Quote from: rrfalcon
Some places in the US can also be confusing.
I once lived in Texarkana, TX which sits on the state line of Texas and Louisiana. The center N/S road in town right on the state line was called, wait for it . . . . . . State Line Rd. Made for some interesting situations with regard to city police jurisdictions if there was a chase. State and county were pretty cut and dried but the city crossed county and state lines. I was only 22 at the time so much of it has blurred into the mist.

Up in Utah the city streets of most towns are based on N/S/E/W naming system. Traditionally there is a 0,0 point in town usually at the intersection of streets named Center, Main or some other generic label. Streets are named in block numbers in increments of 100. For instance, E/W streets, north or south of the 0,0, are called 100, 200 or 300 North or South. N/S streets 100, 200 etc. East or West. At that point the address is added to describe the location on the street from the 0,0 origin, e.g. 273 S 500 E means that the building is in the 200 block south of the E/W 0,0 line on the street 500 E(ast), which is the 5th street east of the N/S line on the 0,0 origin. The 1st time I ran into this it was confusing. If you think about it for a while, it begins to make sense but I have to keep refreshing it every time I go there because I don’t go there enough for it to stick.

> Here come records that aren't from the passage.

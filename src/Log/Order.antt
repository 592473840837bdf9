-- ===== src/Log/Order.antt =====
-- Every branch of `loq` keeps the log in order.
use mathlib.Core.Path.{subst}
use capemon.Base.{
  ℕ, ◌+◌, ◌^◌, ◌<◌, ◌≡◌, ◌∙◌, refl, sym, ap, inl, inr, true, false, Option, none, some, List, ◌∷◌,
  ◌++◌, length, arith, Bool-cases, Option-cases,
}
use capemon.Log.{Stream, Settings, LastLog, Log, writes_to_file, log_raw_direct, ◌>>=◌}
use capemon.Log.Calls.{
  ApiCall, is_critical, is_repeat, message_with, flush_last, compare_last, hold, emit_message,
}
use capemon.Log.Writing.{text}
use capemon.Log.Last.{
  block, length-message_with, count_repeat-block, Emptied, emptied, flush_last-Emptied,
}
use capemon.Log.Explained.{
  Item, message, describes, held_bytes, Holds, Ordered, Ends, ends, Put, put, Holds-grows,
  write-Put,
}

module _ (P : ApiCall → Type 0) (c : Settings) (file : writes_to_file c ≡ true)
    (room : 0 < c.buffer_size) (allocated : c.allocated ≡ true) where
  emit-critical :
      (e : ApiCall) (s : Log)
      → is_critical e.index ≡ true
      → emit_message c e s ≡ (
          log_raw_direct c s.stream (message_with 0 e) >>= λ stream.
          some (record s { stream = stream }))
  unfolding emit_message
  emit-critical e s h = ground arith

  emit-first :
      (e : ApiCall) (s : Log)
      → is_critical e.index ≡ false
      → s.lastlog ≡ none
      → emit_message c e s ≡ some (record s { lastlog = some (block e 0) })
  unfolding emit_message compare_last hold block
  emit-first e s h empty = ground arith

  emit-repeat :
      (e : ApiCall) (s : Log) (m : ApiCall) (k : ℕ)
      → is_critical e.index ≡ false
      → s.lastlog ≡ some (block m k)
      → is_repeat (block m k) e ≡ true
      → emit_message c e s ≡ some (record s { lastlog = some (block m (k + 1)) })
  unfolding emit_message compare_last hold
  emit-repeat e s m k h held repeated = ground (arith, count_repeat-block m k s)

  emit-other :
      (e : ApiCall) (s : Log) (l : LastLog)
      → is_critical e.index ≡ false
      → s.lastlog ≡ some l
      → is_repeat l e ≡ false
      → emit_message c e s ≡ (flush_last c s >>= λ s'. some (hold e s'))
  unfolding emit_message compare_last
  emit-other e s l h held other = ground arith

  other-Ends :
      (todo : ℕ) (e : ApiCall) (s : Log) (items : List Item) (m : ApiCall) (k : ℕ)
      → P e
      → P m
      → s.lastlog ≡ some (block m k)
      → describes m.index items ≡ true
      → describes e.index items ≡ true
      → length (message_with 0 e) < 2 ^ 32
      → length (message_with k m) < 2 ^ 32
      → Ordered P c.buffer_size (length (message_with 0 e) + todo) s items
      → Ends P c.buffer_size todo (flush_last c s >>= λ s'. some (hold e s'))
  unfolding hold block
  other-Ends todo e s items m k from from_m held known_m known_e small_e small_m h = go (
      flush_last-Emptied c file room allocated (length (message_with 0 e) + todo) s (block m k) held
        small_m
        (record {
          bounded = h.ready.bounded;
          supplied = omega (arith, h.ready.supplied, ap held_bytes held);
        }))
    where
      go :
          {r : Option Log}
          → Emptied c.buffer_size
              (length (message_with 0 e) + todo)
              (text s.stream ++ message_with k m)
              s
              r
          → Ends P c.buffer_size todo (r >>= λ s'. some (hold e s'))
      go (emptied stream ready same) = ends _ (message m k ∷ items) (record {
        ready = ready;
        known = (from_m, h.known);
        same = same ∙ ap (λ l. l ++ message_with k m) h.same;
        order = (known_m, h.order);
        entries = h.entries;
        table = h.table;
        held = (e, 0, refl, known_e, small_e, from);
      })

  critical-Ends :
      (todo : ℕ) (e : ApiCall) (s : Log) (items : List Item)
      → P e
      → is_critical e.index ≡ true
      → length (message_with 0 e) < 2 ^ 32
      → describes e.index items ≡ true
      → Ordered P c.buffer_size (length (message_with 0 e) + todo) s items
      → Ends P c.buffer_size todo (emit_message c e s)
  critical-Ends todo e s items from critical small known h =
      rw (emit-critical e s critical)
        (go (write-Put P c file room allocated todo s items (message e 0) small h))
    where
      go :
          {r : Option Stream}
          → Put P c file room allocated todo s items (message e 0) r
          → Ends P c.buffer_size todo (r >>= λ stream. some (record s { stream = stream }))
      go (put stream ready same) = ends _ (message e 0 ∷ items) (record {
        ready = ready;
        known = (from, h.known);
        same = same;
        order = (known, h.order);
        entries = h.entries;
        table = h.table;
        held = Holds-grows P s.lastlog (message e 0) items h.held;
      })

  held-Ends :
      (todo : ℕ) (e : ApiCall) (s : Log) (items : List Item) (m : ApiCall) (k : ℕ)
      → P e
      → P m
      → is_critical e.index ≡ false
      → s.lastlog ≡ some (block m k)
      → describes m.index items ≡ true
      → length (message_with k m) < 2 ^ 32
      → length (message_with 0 e) < 2 ^ 32
      → describes e.index items ≡ true
      → Ordered P c.buffer_size (length (message_with 0 e) + todo) s items
      → Ends P c.buffer_size todo (emit_message c e s)
  unfolding block
  held-Ends todo e s items m k from from_m usual held known_m small_m small known h =
      elim (Bool-cases (is_repeat (block m k) e)) [
        | inl repeated ↦
            let same_length : length (message_with (k + 1) m) ≡ length (message_with k m) =
              length-message_with (k + 1) m ∙ sym (length-message_with k m) in
            rw (emit-repeat e s m k usual held repeated) (
              ends _ items (record {
                ready = record {
                  bounded = h.ready.bounded;
                  supplied = omega (arith, h.ready.supplied, ap held_bytes held, same_length);
                };
                known = h.known;
                same = h.same;
                order = h.order;
                entries = h.entries;
                table = h.table;
                held = (m, k + 1, refl, known_m, omega (arith, same_length), from_m);
              }))
        | inr other ↦
            rw (emit-other e s (block m k) usual held other)
              (other-Ends todo e s items m k from from_m held known_m known small small_m h)
      ]

  pub emit-Ends :
      (todo : ℕ) (e : ApiCall) (s : Log) (items : List Item)
      → P e
      → length (message_with 0 e) < 2 ^ 32
      → describes e.index items ≡ true
      → Ordered P c.buffer_size (length (message_with 0 e) + todo) s items
      → Ends P c.buffer_size todo (emit_message c e s)
  unfolding block
  emit-Ends todo e s items from small known h = elim (Bool-cases (is_critical e.index)) [
    | inl critical ↦ critical-Ends todo e s items from critical small known h
    | inr usual ↦ elim (Option-cases s.lastlog) [
      | inl empty ↦ rw (emit-first e s usual empty) (
          ends _ items (record {
            ready = record {
              bounded = h.ready.bounded;
              supplied = omega (arith, h.ready.supplied, ap held_bytes empty);
            };
            known = h.known;
            same = h.same;
            order = h.order;
            entries = h.entries;
            table = h.table;
            held = (e, 0, refl, known, small, from);
          }))
      | inr (l, last) ↦
          let holds = subst (λ o. Holds P o items) last h.held in
          held-Ends todo e s items holds.0 holds.1 from holds.5 usual (last ∙ ap some holds.2)
            holds.3 holds.4 small known h
    ]
  ]
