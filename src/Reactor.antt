-- ===== src/Reactor.antt =====
-- include/server/reactor: the event loop, its handlers and channels, and the notifications between
-- the loop and the application.
pub mod Channel
pub mod Delivery
pub mod Demultiplexer
pub mod Dispatcher
pub mod EventsHandler
pub mod Notification
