-- ===== src/Reactor/Channel/Inactive.antt =====
-- A channel of Channel.h that is inactive, and its destructor.
use server_dev_lib.Base.{ℕ, ◌≡◌, refl, Bool, some, List, []}
use server_dev_lib.Reactor.Channel.{
  Channel, Socket, Reserve, destroy, make_inactive, read, write, notify_write_event,
  get_received_data,
}

-- The destructor does not shut the connection down, whatever the channel.
destroy_keeps_open : (c : Channel) → destroy c ≡ []
unfolding destroy
destroy_keeps_open c = refl

-- A channel that is inactive is left alone by every call, and makes none.
inactive_is_silent :
    {S : Type 0} (socket : Socket S) (string : Reserve) (fuel : ℕ)
    (has_cb has_notify has_sent : Bool) (c : Channel) (s : S) (text : List ℕ)
    → let c' = make_inactive c in
      (read socket string fuel has_cb has_notify c' s ≡ some (c', s, []))
      × (write socket has_sent c' s ≡ (c', s, []))
      × (notify_write_event text c' ≡ (c', []))
      × (get_received_data c' ≡ ([], c'))
unfolding make_inactive read write notify_write_event get_received_data
inactive_is_silent socket string fuel has_cb has_notify has_sent c s text = (refl, refl, refl, refl)
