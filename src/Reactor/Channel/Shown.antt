-- ===== src/Reactor/Channel/Shown.antt =====
-- What the string of Channel.h shows of a block that grows.
use server_dev_lib.Base.{
  ℕ, ◌-◌, ◌≤◌, ◌≡◌, refl, sym, ap, ◌∙◌, Bool, true, List, ◌∷◌, ◌++◌, append-nil, arith, min, leb,
  length, take, take-take, take-append, length-take, Bool-cases, inl, inr,
}
use server_dev_lib.Reactor.Channel.{
  Channel, Reserve, Effect, buf_size, substr, read_end, closing_effects,
}

-- What a string shows of all that was received.
abbrev pub shown : List ℕ → List ℕ
shown all = take buf_size all

take-long :
    (n k : ℕ) (xs ys : List ℕ) → n ≤ k → n ≤ length xs → take n (take k xs ++ ys) ≡ take n xs
take-long n k xs ys h l =
    let least : min n k ≡ n = omega arith in
    let none_left : n - length (take k xs) ≡ 0 = omega (arith, length-take k xs) in
    rw (take-append n (take k xs) ys, take-take n k xs, least, none_left) (append-nil (take n xs))

-- A new block shows the same.
pub shown-reserve :
    (string : Reserve) (m : List ℕ) (size k : ℕ) (more : List ℕ)
    → buf_size ≤ length m
    → length m ≤ size
    → shown (take k (string.reserve m size) ++ more) ≡ shown (take k m ++ more)
shown-reserve string m size k more block larger = elim (Bool-cases (leb buf_size k)) [
  | inl past ↦
      take-long buf_size k (string.reserve m size) more (ground arith)
        (omega (arith, string.length-reserve m size))
      ∙ string.reserve_keeps m size block
      ∙ sym (take-long buf_size k m more (ground arith) block)
  | inr before ↦
      let least : min k buf_size ≡ k = ground arith in
      let same : take k (string.reserve m size) ≡ take k m =
        ap (λ n. take n (string.reserve m size)) (sym least)
        ∙ sym (take-take k buf_size (string.reserve m size))
        ∙ ap (take k) (string.reserve_keeps m size block)
        ∙ take-take k buf_size m
        ∙ ap (λ n. take n m) least in
      ap (λ xs. shown (xs ++ more)) same
]

-- What is handed out of a block is what the string shows of it.
pub substr-shown : (m all : List ℕ) (n : ℕ) → shown (take n m) ≡ shown all → substr m n ≡ shown all
substr-shown m all n seen =
    let same : min n buf_size ≡ min buf_size n = omega arith in
    take-take n buf_size m ∙ ap (λ k. take k m) same ∙ sym (take-take buf_size n m) ∙ seen

-- What the callback is told, and what it leaves in the channel.
pub read_end-shown :
    (c : Channel) (has_notify at_eof : Bool) (n : ℕ) (all : List ℕ)
    → c.received_count ≡ n
    → shown (take n c.received) ≡ shown all
    → let (c', es) = read_end true has_notify c at_eof in
      (rest : List Effect) × (es ≡ Effect.received_cb n (shown all) ∷ rest)
      × (c'.received_count ≡ n)
      × (substr c'.received n ≡ shown all)
unfolding read_end
read_end-shown c has_notify at_eof n all e seen =
    (closing_effects has_notify c at_eof, rw (e, text) refl, ground arith, ground (arith, text))
  where
    text : substr c.received n ≡ shown all
    text = substr-shown c.received all n seen
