-- ===== src/Reactor/Channel/Room.antt =====
-- How the block of Channel.h grows in front of a read.
use server_dev_lib.Base.{
  ℕ, ◌+◌, ◌-◌, ◌*◌, ◌/◌, ◌≤◌, ◌<◌, ◌≡◌, refl, List, ◌++◌, arith, ◌==◌, length, take, Bool-cases,
  inl, inr,
}
use server_dev_lib.Reactor.Channel.{Channel, Socket, Reserve, buf_size, make_room}
use server_dev_lib.Reactor.Channel.Shown.{shown, shown-reserve}

-- The block has room for a byte when `::read` is called.
pub record HasRoom (c : Channel) : Type 0 where
  pub room : c.received_count < length c.received
  pub block : buf_size ≤ length c.received

module _ {S : Type 0} (socket : Socket S) (string : Reserve) where
  pub make_room-HasRoom :
      (c : Channel) (got : ℕ)
      → c.received_count + got ≤ length c.received
      → buf_size ≤ length c.received
      → HasRoom (make_room socket string c got (length c.received - c.received_count))
  unfolding make_room
  make_room-HasRoom c got fits block =
      let larger = string.length-reserve c.received (3 * length c.received / 2) in
      elim (Bool-cases ((length c.received - c.received_count) == got)) [
        | inl full ↦
            rw full (record { room = omega (arith, larger); block = omega (arith, larger) })
        | inr free ↦ rw free (record { room = ground arith; block = block })
      ]

  pub make_room-shown :
      (c : Channel) (got : ℕ) (more : List ℕ)
      → buf_size ≤ length c.received
      → let c' = make_room socket string c got (length c.received - c.received_count) in
        shown (take c'.received_count c'.received ++ more)
        ≡ shown (take (c.received_count + got) c.received ++ more)
  unfolding make_room
  make_room-shown c got more block =
      elim (Bool-cases ((length c.received - c.received_count) == got)) [
        | inl full ↦ rw full (
            shown-reserve string c.received (3 * length c.received / 2) (c.received_count + got)
              more block (omega arith))
        | inr free ↦ rw free refl
      ]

Colorado has the weirdest highway naming I’ve ever seen. Roads, not in city limits, are either by number or letter. 13, 33, 45 etc. usually initially on section line roads. Depends on the county you are in. I’ve seen roads named with fractions on roads between the section lines, GG1/2 , 54 1/4, etc. Very odd. Each county does it’s own thing. Free associating when it comes to naming roads.